After military service from 1940 and Soviet captivity until 1949, during which he suffered paralysis of the right middle finger, he resumed his organist activities in 1950. Due to the parish's refusal to adapt the organ of the Versöhnungskirche to the demands of the time, he now devoted himself increasingly to the harpsichord, which led, among other things, to collaboration with the Thomanerchor at motet's and to participation in their travels.

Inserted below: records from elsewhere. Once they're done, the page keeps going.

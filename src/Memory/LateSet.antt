-- ===== src/Memory/LateSet.antt =====
-- `set` on an expired entry, and the stale entry that it leaves in the queue.
use idempotent_proxy.Prelude.{
  ℕ, ◌≤◌, ◌≡◌, String, true, List, arith, eq_iff, none, some, lookup, Member, ok, err, ◌+◌,
}
use idempotent_proxy.Memory.{MemoryCacher, entry_key, deadline, obtain, set, run_cleaner}
use idempotent_proxy.Memory.Queue.{Member-queue_insert}
use idempotent_proxy.Memory.Cleaning.{lookup-run_cleaner_expired}
use idempotent_proxy.Memory.Lookups.{obtain-result, lookup-set}
use idempotent_proxy.Memory.Invariant.{IsValid, obtain-IsValid, set-IsValid}

module _ (t : ℕ) (k : String) (val : List ℕ) (ttl e : ℕ) (v : List ℕ) (s : MemoryCacher) where
  late_set-result :
      lookup k s.kv ≡ some (e, v)
      → e ≤ t
      → ((set t k val ttl s).1 ≡ err "value expired")
        × ((set t k val ttl s).0.cleaners ≡ s.cleaners + 1)
  unfolding set
  late_set-result found expired = ground arith

  late_set-queue :
      lookup k s.kv ≡ some (e, v) → e ≤ t → (set t k val ttl s).0.priority_queue ≡ s.priority_queue
  unfolding set
  late_set-queue found expired = ground arith

stale-obtain :
    (t : ℕ) (k : String) (ttl e : ℕ) (s : MemoryCacher)
    → lookup k s.kv ≡ none
    → Member (entry_key e k) s.priority_queue
    → Member (entry_key e k) (obtain t k ttl s).0.priority_queue
unfolding obtain
stale-obtain t k ttl e s vacant m =
    rw (vacant, obtain) (Member-queue_insert (entry_key (deadline t ttl) k) (entry_key e k) _ m)

-- A late `set` breaks the lock. On a valid cache, where the entry of a key has expired, `set`
-- answers with an error and leaves a stale entry in the queue and a cleaner that is spawned. If
-- another task obtains the key before that cleaner runs, the cleaner drops the new lock, and
-- `obtain` hands the key out a second time, at any time, before the expiry of the first lock too.
pub late_set-obtain-obtain :
    (t₁ t₂ t₃ t₄ : ℕ) (k : String) (val : List ℕ) (ttl e : ℕ) (v : List ℕ) (s : MemoryCacher)
    → IsValid s
    → lookup k s.kv ≡ some (e, v)
    → e ≤ t₁
    → t₁ ≤ t₃
    → ((set t₁ k val ttl s).1 ≡ err "value expired")
      × ((set t₁ k val ttl s).0.cleaners ≡ s.cleaners + 1)
      × ((obtain t₂ k ttl (set t₁ k val ttl s).0).1 ≡ ok true)
      × ((obtain t₄ k ttl (run_cleaner t₃ (obtain t₂ k ttl (set t₁ k val ttl s).0).0)).1 ≡ ok true)
late_set-obtain-obtain t₁ t₂ t₃ t₄ k val ttl e v s valid found expired later =
    let s₁ = (set t₁ k val ttl s).0 in
    let s₂ = (obtain t₂ k ttl s₁).0 in
    let vacant : lookup k s₁.kv ≡ none = ground (arith, lookup-set t₁ k val ttl s k, eq_iff k k) in
    let dropped : lookup k (run_cleaner t₃ s₂).kv ≡ none =
      lookup-run_cleaner_expired t₃ s₂ (entry_key e k)
        (obtain-IsValid (set-IsValid valid t₁ k val ttl) t₂ k ttl).sorted
        (stale-obtain t₂ k ttl e s₁ vacant
          (rw (late_set-queue t₁ k val ttl e v s found expired) (valid.covered k e v found)))
        (omega arith) in
    (
      ground (arith, late_set-result t₁ k val ttl e v s found expired),
      ground (arith, late_set-result t₁ k val ttl e v s found expired),
      ground (arith, obtain-result t₂ k ttl s₁),
      ground (arith, obtain-result t₄ k ttl (run_cleaner t₃ s₂)),
    )
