-- ===== src/Sync/Complete.antt =====
-- What a cycle leaves in the vector store.
use mirador_core.Prelude.{◌≡◌, false, none, some, List, String, string_keys, length, contains, All}
use mirador_core.Prelude.Int.{ℤ}
use mirador_core.Sync.Defs.{
  StoredKpi, IndexedKpi, Decoder, Repository, Worker, id_of, convert, run_sync,
}
use mirador_core.Sync.Store.{Comparison, Weaviate, weaviate_kpi_store, create_or_update_kpi, IsHeld}
use mirador_core.Sync.Laws.{ids}

module _ {Query Thresholds E S : Type 0} (d : Decoder Query Thresholds)
    (same : Comparison Query Thresholds) (empty_id : E)
    (client : Weaviate E S (IndexedKpi Query Thresholds) id_of) where
  after : S → StoredKpi → S
  after s k = (create_or_update_kpi same empty_id client s (convert d k)).0

  -- Each KPI of a list is held.
  abbrev pub AllHeld : List StoredKpi → S → Type 0
  AllHeld ks s =
      All (λ k. IsHeld same empty_id client (convert d k) (client.find s k.columns.id)) ks

  module _ (repo : Repository E) (w : Worker E) (finished : ℤ) (s : S) where
    abbrev pub cycled : Worker E × S
    cycled = run_sync d (weaviate_kpi_store same empty_id client) repo w finished s

    -- The KPIs are held, every other one is as it was, and the worker records their number, the time
    -- and no error.
    abbrev pub IsComplete : List StoredKpi → Worker E × S → Type 0
    IsComplete ks c =
        AllHeld ks c.1
        × ((id : String) → contains id (ids ks) ≡ false → client.find c.1 id ≡ client.find s id)
        × (c.0 ≡ record w {
          last_sync_time = some finished;
          last_sync_count = length ks;
          last_sync_error = none;
        })
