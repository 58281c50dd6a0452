-- ===== src/Sync/Loop.antt =====
-- The goroutines of the worker: the loops of `Start` and the cycles of `TriggerSync`, of which there
-- may be several at once, with the steps between which others run. Every `Start` has the same context,
-- the logger is not nil, and every call of a store returns.
use mirador_core.Prelude.{
  ℕ, suc, ◌≡◌, Bool, true, false, Option, none, some, List, [], ◌∷◌, ◌++◌, inl, inr,
}
use mirador_core.Prelude.Int.{ℤ}
use mirador_core.Sync.Defs.{
  StoredKpi, IndexedKpi, Decoder, Repository, KpiStore, Worker, convert, list_kpis, enter, stop,
  record_success, record_error,
}

-- Where a cycle stands: before its reading of `lastSyncTime`; before the query of the repository; and
-- among the KPIs, with the number of those that the store took.
pub data Phase : Type 0 where
  begins : Phase
  reads : Option ℤ → Phase
  writes : ℕ → List StoredKpi → Phase

-- A goroutine in a cycle, true if it is a loop's; or a loop that waits in its `select`.
pub data Task : Type 0 where
  cycle : Bool → Phase → Task
  waits : Task

pub record Shared (E S : Type 0) : Type 0 where
  pub worker : Worker E
  pub cancelled : Bool
  pub indexed : S

pub record System (E S : Type 0) : Type 0 where
  pub shared : Shared E S
  pub tasks : List Task

-- What follows a cycle: a loop waits, and the goroutine of `TriggerSync` ends.
unfoldable pub after_cycle : Bool → List Task
after_cycle true = waits ∷ []
after_cycle false = []

module _ {E : Type 0} where
  abbrev pub counted : ℕ → Option E → ℕ
  counted n none = suc n
  counted n (some err) = n

  -- `TriggerSync`: the goroutines that it starts, or `none` for the error that sync is disabled.
  unfoldable pub trigger_sync : Worker E → Option (List Task)
  trigger_sync w = elim w.enabled [ true ↦ some (cycle false begins ∷ []) | false ↦ none ]

module _ {Query Thresholds E S : Type 0} (d : Decoder Query Thresholds)
    (weaviate : KpiStore E S (IndexedKpi Query Thresholds)) where
  -- A step of one goroutine; the answers of the repository and the clock are any. It gives the shared
  -- state and what is left of the goroutine.
  pub data Move (sh : Shared E S) : Task → Shared E S → List Task → Type 0 where
    read : {p : Bool} → Move sh (cycle p begins) sh (cycle p (reads sh.worker.last_sync_time) ∷ [])
    listed :
        {p : Bool} {since : Option ℤ} (repo : Repository E) (ks : List StoredKpi)
        → list_kpis repo (record sh.worker { last_sync_time = since }) ≡ inr ks
        → Move sh (cycle p (reads since)) sh (cycle p (writes 0 ks) ∷ [])
    not_listed :
        {p : Bool} {since : Option ℤ} (repo : Repository E) (err : E)
        → list_kpis repo (record sh.worker { last_sync_time = since }) ≡ inl err
        → Move sh
            (cycle p (reads since))
            (record sh { worker = record_error sh.worker err })
            (after_cycle p)
    write :
        {p : Bool} {n : ℕ} {k : StoredKpi} {ks : List StoredKpi}
        → Move sh
            (cycle p (writes n (k ∷ ks)))
            (record sh { indexed = (weaviate.create_or_update sh.indexed (convert d k)).0 })
            (cycle p (writes (counted n (weaviate.create_or_update sh.indexed (convert d k)).1) ks)
              ∷ [])
    recorded :
        {p : Bool} {n : ℕ} (now : ℤ)
        → Move sh
            (cycle p (writes n []))
            (record sh { worker = record_success sh.worker now n })
            (after_cycle p)
    on_stop : sh.worker.stop_closed ≡ true → Move sh waits sh []
    on_cancel : sh.cancelled ≡ true → Move sh waits sh []

  -- A step of one of the goroutines, in any order.
  pub data Advance (sys : System E S) : System E S → Type 0 where
    advance :
        (before after : List Task) {t : Task} {sh : Shared E S} {ts : List Task}
        → sys.tasks ≡ before ++ t ∷ after
        → Move sys.shared t sh ts
        → Advance sys (record { shared = sh; tasks = before ++ (ts ++ after) })

  -- A loop takes a tick of its ticker.
  pub data Tick (sys : System E S) : System E S → Type 0 where
    ticked :
        (before after : List Task)
        → sys.tasks ≡ before ++ waits ∷ after
        → Tick sys (record sys { tasks = before ++ cycle true begins ∷ after })

  -- Whatever may happen next: besides the two, a call of `Start` that enters its loop, one of
  -- `TriggerSync`, one of `Stop` that returns, and the end of the context.
  pub data Step (sys : System E S) : System E S → Type 0 where
    advances : {next : System E S} → Advance sys next → Step sys next
    ticks : {next : System E S} → Tick sys next → Step sys next
    started :
        (w : Worker E)
        → enter sys.shared.worker ≡ (w, true)
        → Step sys (record {
          shared = record sys.shared { worker = w };
          tasks = cycle true begins ∷ sys.tasks;
        })
    triggered :
        (ts : List Task)
        → trigger_sync sys.shared.worker ≡ some ts
        → Step sys (record sys { tasks = ts ++ sys.tasks })
    stopped :
        (w : Worker E)
        → stop sys.shared.worker ≡ some w
        → Step sys (record sys { shared = record sys.shared { worker = w } })
    context_done : Step sys (record sys { shared = record sys.shared { cancelled = true } })

  pub data Reach (sys : System E S) : System E S → Type 0 where
    here : Reach sys sys
    next : {s t : System E S} → Reach sys s → Step s t → Reach sys t
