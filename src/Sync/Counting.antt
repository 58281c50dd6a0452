-- ===== src/Sync/Counting.antt =====
-- Goroutines counted, and what each step and each call changes of the count and of the worker.
use mirador_core.Prelude.{
  ℕ, ◌+◌, ◌≤◌, ◌⊎◌, ◌≡◌, refl, ap, Bool, true, false, none, some, List, [], ◌∷◌, ◌++◌, arith,
}
use mirador_core.Sync.Defs.{
  IndexedKpi, Decoder, KpiStore, Worker, enter, stop, record_success, record_error,
}
use mirador_core.Sync.Loop.{
  Task, Shared, cycle, waits, after_cycle, trigger_sync, Move, read, listed, not_listed, write,
  recorded, on_stop, on_cancel,
}

abbrev pub running_loops : Bool → ℕ
running_loops true = 1
running_loops false = 0

abbrev pub is_loop : Task → ℕ
is_loop (cycle p phase) = running_loops p
is_loop waits = 1

-- The sum of a number of each goroutine.
abbrev pub tally : (Task → ℕ) → List Task → ℕ
tally f [] = 0
tally f (t ∷ ts) = f t + tally f ts

abbrev pub loops : List Task → ℕ
loops = tally is_loop

pub tally-append : (f : Task → ℕ) (xs ys : List Task) → tally f (xs ++ ys) ≡ tally f xs + tally f ys
tally-append f [] ys = omega arith
tally-append f (x ∷ xs) ys = omega (arith, tally-append f xs ys)

-- A goroutine among others.
pub tally-among :
    (f : Task → ℕ) (before ts after : List Task)
    → tally f (before ++ (ts ++ after)) ≡ tally f before + tally f ts + tally f after
tally-among f before ts after =
    omega (arith, tally-append f before (ts ++ after), tally-append f ts after)

-- The loop of a goroutine is the loop of what follows its cycle.
pub loops-after_cycle : (p : Bool) → loops (after_cycle p) ≡ running_loops p
unfolding after_cycle
loops-after_cycle true = omega arith
loops-after_cycle false = omega arith

-- A goroutine of a list, and those around it.
pub tally-middle :
    (f : Task → ℕ) (before : List Task) (t : Task) (after : List Task) {tasks : List Task}
    → tasks ≡ before ++ t ∷ after
    → tally f tasks ≡ tally f before + f t + tally f after
tally-middle f before t after e = omega (arith, ap (tally f) e, tally-append f before (t ∷ after))

pub no_middle :
    (before : List Task) (t : Task) (after : List Task) {tasks : List Task} {P : Type 0}
    → tasks ≡ before ++ t ∷ after
    → tasks ≡ []
    → P
no_middle before t after e empty =
    absurd (omega (arith, tally-middle (λ _. 1) before t after e, ap (tally (λ _. 1)) empty))

module _ {E : Type 0} where
  pub enter_lem :
      (w w' : Worker E)
      → enter w ≡ (w', true)
      → (w.enabled ≡ true) × (w.running ≡ false) × (w' ≡ record w { running = true })
  unfolding enter
  enter_lem w w' h = ground arith

  -- `Stop` that returns did nothing, or closed the channel.
  pub stop_lem :
      (w w' : Worker E)
      → stop w ≡ some w'
      → ((w.running ≡ false) × (w' ≡ w)) ⊎ ((w'.stop_closed ≡ true) × (w'.enabled ≡ w.enabled))
  unfolding stop
  stop_lem w w' h = ground arith

  -- Once the channel is closed, `Stop` panics after `Start`.
  pub stop-enter :
      (w : Worker E) → w.enabled ≡ true → w.stop_closed ≡ true → stop (enter w).0 ≡ none
  unfolding stop enter
  stop-enter w on closed = ground arith

  pub trigger_sync_lem :
      (w : Worker E) (ts : List Task)
      → trigger_sync w ≡ some ts
      → (w.enabled ≡ true) × (loops ts ≡ 0)
  unfolding trigger_sync
  trigger_sync_lem w ts h = ground arith

module _ {Query Thresholds E S : Type 0} (d : Decoder Query Thresholds)
    (weaviate : KpiStore E S (IndexedKpi Query Thresholds)) where
  -- What a goroutine leaves alone, and how many loops it leaves: its own, unless a signal ended it.
  pub record IsMove (sh : Shared E S) (t : Task) (sh' : Shared E S) (ts : List Task) : Type 0 where
    pub enabled : sh'.worker.enabled ≡ sh.worker.enabled
    pub running : sh'.worker.running ≡ sh.worker.running
    pub stop_closed : sh'.worker.stop_closed ≡ sh.worker.stop_closed
    pub cancelled : sh'.cancelled ≡ sh.cancelled
    pub fewer : loops ts ≤ is_loop t
    pub same : sh.worker.stop_closed ≡ false → sh.cancelled ≡ false → loops ts ≡ is_loop t

  pub Move-IsMove :
      {sh sh' : Shared E S} {t : Task} {ts : List Task}
      → Move d weaviate sh t sh' ts
      → IsMove sh t sh' ts
  unfolding record_success record_error
  Move-IsMove read = record {
    enabled = refl;
    running = refl;
    stop_closed = refl;
    cancelled = refl;
    fewer = omega arith;
    same = λ _ _. omega arith;
  }
  Move-IsMove (listed repo ks h) = record {
    enabled = refl;
    running = refl;
    stop_closed = refl;
    cancelled = refl;
    fewer = omega arith;
    same = λ _ _. omega arith;
  }
  Move-IsMove write = record {
    enabled = refl;
    running = refl;
    stop_closed = refl;
    cancelled = refl;
    fewer = omega arith;
    same = λ _ _. omega arith;
  }
  Move-IsMove (not_listed {p = p} repo err h) = record {
    enabled = refl;
    running = refl;
    stop_closed = refl;
    cancelled = refl;
    fewer = omega (arith, loops-after_cycle p);
    same = λ _ _. loops-after_cycle p;
  }
  Move-IsMove (recorded {p = p} now) = record {
    enabled = refl;
    running = refl;
    stop_closed = refl;
    cancelled = refl;
    fewer = omega (arith, loops-after_cycle p);
    same = λ _ _. loops-after_cycle p;
  }
  Move-IsMove (on_stop h) = record {
    enabled = refl;
    running = refl;
    stop_closed = refl;
    cancelled = refl;
    fewer = omega arith;
    same = ground arith;
  }
  Move-IsMove (on_cancel h) = record {
    enabled = refl;
    running = refl;
    stop_closed = refl;
    cancelled = refl;
    fewer = omega arith;
    same = ground arith;
  }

In 1957, together with leading members of the Gewandhausorchester, he founded the long-standing Leipzig concert series "Baroque Chamber Music", later called "Chamber Music of the Bach-Händel Period"", with up to eight concerts a year. He played the harpsichord at the concerts in the Gohliser Schlösschen and later at the Alte Handelsbörse until 1984.

Buschnakowski began his teaching career in 1952 as a lecturer at the Hochschule für Kirchenmusik Dresden, from 1959 to 1961 he taught at the conservatory in Halle and from 1961 to 1971 at the musicological institute of the University of Leipzig.

He ended his service in the congregation of the Reconciliation Church in 1985. After a stroke, disabled and cared for in his home in Marienbrunn, he died on 13 November 1995 in a hospital in Grimma aged 85.

== Family ==
In 1936, Buschnakowski married Elisabeth Restosky, whom he had met while studying music. The couple had two sons and a daughter. From, 1939 the family lived in a house in Marienbrunn. Their son Andreas (1936–2005) was organist and cantor in Chemnitz.